**WORK INSTRUCTION:**
All lines from the one containing "let (_, a) = counts.incr_counter" down to the one containing "ap (λ x. x.1) xadd in", both ends included, are to be given again exactly; omit the rest of the listing below.

┄┄┄┄┄┄

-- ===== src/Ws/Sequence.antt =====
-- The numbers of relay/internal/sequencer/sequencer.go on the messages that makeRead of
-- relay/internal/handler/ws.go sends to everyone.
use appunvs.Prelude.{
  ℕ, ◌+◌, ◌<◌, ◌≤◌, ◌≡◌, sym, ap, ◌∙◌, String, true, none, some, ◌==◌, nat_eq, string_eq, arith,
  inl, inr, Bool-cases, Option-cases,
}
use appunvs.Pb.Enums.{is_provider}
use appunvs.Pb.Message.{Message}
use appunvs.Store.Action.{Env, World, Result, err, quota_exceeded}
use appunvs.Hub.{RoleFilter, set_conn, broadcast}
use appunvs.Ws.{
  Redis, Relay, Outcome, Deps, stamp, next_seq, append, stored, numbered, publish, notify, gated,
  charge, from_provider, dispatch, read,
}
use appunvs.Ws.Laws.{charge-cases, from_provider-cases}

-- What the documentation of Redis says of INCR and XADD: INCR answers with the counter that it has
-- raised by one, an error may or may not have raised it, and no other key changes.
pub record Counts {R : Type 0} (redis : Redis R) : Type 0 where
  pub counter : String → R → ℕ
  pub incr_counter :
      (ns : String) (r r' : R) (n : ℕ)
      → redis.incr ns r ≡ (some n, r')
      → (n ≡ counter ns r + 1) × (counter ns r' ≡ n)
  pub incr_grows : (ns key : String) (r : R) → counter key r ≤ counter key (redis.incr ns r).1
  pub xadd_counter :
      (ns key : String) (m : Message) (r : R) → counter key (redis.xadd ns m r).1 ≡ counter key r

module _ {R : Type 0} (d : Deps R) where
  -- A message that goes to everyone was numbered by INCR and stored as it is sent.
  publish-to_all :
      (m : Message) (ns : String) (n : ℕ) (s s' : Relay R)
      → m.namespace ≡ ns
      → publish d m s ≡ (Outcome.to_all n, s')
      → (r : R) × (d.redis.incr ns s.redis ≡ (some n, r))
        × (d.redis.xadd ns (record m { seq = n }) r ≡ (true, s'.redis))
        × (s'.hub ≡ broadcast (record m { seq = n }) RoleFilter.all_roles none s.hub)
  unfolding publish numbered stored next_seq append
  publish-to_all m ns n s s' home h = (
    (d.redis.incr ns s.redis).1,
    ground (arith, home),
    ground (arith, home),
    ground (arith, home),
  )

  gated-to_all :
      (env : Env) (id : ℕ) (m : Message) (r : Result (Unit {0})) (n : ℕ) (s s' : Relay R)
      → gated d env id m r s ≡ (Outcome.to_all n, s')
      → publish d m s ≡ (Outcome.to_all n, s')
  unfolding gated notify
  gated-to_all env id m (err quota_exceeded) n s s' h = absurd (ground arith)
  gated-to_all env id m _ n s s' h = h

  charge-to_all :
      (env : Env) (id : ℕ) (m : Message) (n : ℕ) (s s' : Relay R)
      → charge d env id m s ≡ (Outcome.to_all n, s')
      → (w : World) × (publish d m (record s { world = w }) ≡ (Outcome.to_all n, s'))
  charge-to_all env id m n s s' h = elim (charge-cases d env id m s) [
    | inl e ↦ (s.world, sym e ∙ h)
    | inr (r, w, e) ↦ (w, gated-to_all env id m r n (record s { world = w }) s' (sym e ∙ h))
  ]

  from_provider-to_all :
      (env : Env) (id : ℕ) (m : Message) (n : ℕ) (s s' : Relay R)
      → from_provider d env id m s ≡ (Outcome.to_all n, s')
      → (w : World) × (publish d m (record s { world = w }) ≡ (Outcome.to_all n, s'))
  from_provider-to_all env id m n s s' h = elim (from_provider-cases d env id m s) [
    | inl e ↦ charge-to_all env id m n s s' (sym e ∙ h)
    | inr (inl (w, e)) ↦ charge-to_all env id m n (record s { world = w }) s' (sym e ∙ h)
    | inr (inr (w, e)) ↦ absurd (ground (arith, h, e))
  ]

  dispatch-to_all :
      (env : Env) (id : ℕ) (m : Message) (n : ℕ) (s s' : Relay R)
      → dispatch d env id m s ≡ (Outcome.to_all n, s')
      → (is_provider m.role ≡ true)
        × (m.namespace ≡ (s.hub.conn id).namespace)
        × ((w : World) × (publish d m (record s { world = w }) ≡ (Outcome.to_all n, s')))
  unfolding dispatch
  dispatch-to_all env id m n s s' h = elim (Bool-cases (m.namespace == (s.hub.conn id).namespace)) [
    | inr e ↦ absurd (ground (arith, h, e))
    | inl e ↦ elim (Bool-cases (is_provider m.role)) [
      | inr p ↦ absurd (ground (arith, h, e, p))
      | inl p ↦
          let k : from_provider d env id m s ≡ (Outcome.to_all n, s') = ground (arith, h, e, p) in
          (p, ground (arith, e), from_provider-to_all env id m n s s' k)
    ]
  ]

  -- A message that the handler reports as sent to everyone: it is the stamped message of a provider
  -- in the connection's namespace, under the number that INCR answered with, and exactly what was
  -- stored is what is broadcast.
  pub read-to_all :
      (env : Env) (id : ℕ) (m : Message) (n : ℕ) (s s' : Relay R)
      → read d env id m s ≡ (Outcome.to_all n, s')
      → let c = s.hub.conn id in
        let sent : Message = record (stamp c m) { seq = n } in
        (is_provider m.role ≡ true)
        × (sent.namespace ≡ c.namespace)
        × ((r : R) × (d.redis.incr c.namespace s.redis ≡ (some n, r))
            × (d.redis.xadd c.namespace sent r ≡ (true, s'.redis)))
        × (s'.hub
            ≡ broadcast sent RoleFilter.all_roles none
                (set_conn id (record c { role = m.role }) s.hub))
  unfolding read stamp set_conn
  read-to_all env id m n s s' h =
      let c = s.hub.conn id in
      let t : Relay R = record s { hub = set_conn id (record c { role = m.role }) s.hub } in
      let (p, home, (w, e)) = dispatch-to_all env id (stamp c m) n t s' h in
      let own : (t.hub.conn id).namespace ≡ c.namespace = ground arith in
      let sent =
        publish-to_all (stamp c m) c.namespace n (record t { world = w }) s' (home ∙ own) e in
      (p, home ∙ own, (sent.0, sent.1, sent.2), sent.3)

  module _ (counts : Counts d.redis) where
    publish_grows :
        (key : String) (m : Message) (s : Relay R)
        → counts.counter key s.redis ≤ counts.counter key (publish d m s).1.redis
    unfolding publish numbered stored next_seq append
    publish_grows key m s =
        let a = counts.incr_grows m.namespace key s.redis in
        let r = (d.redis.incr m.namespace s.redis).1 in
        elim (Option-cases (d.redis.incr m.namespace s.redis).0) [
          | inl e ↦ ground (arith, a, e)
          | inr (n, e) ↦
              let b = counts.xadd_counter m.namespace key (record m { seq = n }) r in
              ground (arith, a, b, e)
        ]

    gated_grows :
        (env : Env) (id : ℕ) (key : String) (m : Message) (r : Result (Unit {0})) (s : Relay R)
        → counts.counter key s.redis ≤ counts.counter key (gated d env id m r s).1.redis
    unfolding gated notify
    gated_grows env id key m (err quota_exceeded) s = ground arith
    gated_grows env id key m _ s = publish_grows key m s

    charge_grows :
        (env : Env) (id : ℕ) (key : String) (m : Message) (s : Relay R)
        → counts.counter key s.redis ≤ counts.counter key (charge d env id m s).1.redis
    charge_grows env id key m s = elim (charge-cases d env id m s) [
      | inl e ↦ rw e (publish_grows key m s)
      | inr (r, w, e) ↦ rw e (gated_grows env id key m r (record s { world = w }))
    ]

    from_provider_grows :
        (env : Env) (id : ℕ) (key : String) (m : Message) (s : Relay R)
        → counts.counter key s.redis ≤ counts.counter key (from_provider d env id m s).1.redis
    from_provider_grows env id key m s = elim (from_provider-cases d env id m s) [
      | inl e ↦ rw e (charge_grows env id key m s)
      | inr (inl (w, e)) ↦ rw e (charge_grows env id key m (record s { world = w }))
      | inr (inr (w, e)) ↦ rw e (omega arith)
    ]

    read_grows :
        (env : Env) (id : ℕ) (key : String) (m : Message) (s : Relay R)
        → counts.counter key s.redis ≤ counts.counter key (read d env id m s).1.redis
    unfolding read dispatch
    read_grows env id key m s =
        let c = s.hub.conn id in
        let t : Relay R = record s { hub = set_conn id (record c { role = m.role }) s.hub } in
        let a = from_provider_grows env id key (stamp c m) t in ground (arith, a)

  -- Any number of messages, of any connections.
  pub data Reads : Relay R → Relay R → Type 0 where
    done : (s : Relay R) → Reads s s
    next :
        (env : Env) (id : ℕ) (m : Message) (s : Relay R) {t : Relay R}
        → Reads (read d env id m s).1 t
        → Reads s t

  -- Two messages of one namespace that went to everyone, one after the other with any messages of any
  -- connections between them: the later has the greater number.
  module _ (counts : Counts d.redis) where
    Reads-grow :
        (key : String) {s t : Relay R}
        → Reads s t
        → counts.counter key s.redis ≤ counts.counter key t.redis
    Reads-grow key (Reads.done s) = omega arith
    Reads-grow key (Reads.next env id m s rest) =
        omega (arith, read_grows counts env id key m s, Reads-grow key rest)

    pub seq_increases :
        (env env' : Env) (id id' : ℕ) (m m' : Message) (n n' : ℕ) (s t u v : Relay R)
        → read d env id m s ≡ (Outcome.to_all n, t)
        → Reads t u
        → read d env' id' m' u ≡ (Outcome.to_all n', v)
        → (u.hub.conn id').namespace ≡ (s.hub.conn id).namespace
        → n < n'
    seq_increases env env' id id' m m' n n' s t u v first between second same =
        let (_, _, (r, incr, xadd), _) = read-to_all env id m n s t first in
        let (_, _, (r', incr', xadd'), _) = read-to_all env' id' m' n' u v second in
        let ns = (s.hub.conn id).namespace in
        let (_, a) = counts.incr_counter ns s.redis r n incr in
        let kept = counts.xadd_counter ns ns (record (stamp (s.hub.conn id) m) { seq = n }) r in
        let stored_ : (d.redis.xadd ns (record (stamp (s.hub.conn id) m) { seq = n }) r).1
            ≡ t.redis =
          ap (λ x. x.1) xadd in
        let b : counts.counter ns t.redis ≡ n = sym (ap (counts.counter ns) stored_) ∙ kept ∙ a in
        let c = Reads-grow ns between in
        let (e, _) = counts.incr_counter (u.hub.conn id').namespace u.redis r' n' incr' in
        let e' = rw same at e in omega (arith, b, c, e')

┄┄┄┄┄┄

**ANSWER FOR THE TASK:**
        let (_, a) = counts.incr_counter ns s.redis r n incr in
        let kept = counts.xadd_counter ns ns (record (stamp (s.hub.conn id) m) { seq = n }) r in
        let stored_ : (d.redis.xadd ns (record (stamp (s.hub.conn id) m) { seq = n }) r).1
            ≡ t.redis =
          ap (λ x. x.1) xadd in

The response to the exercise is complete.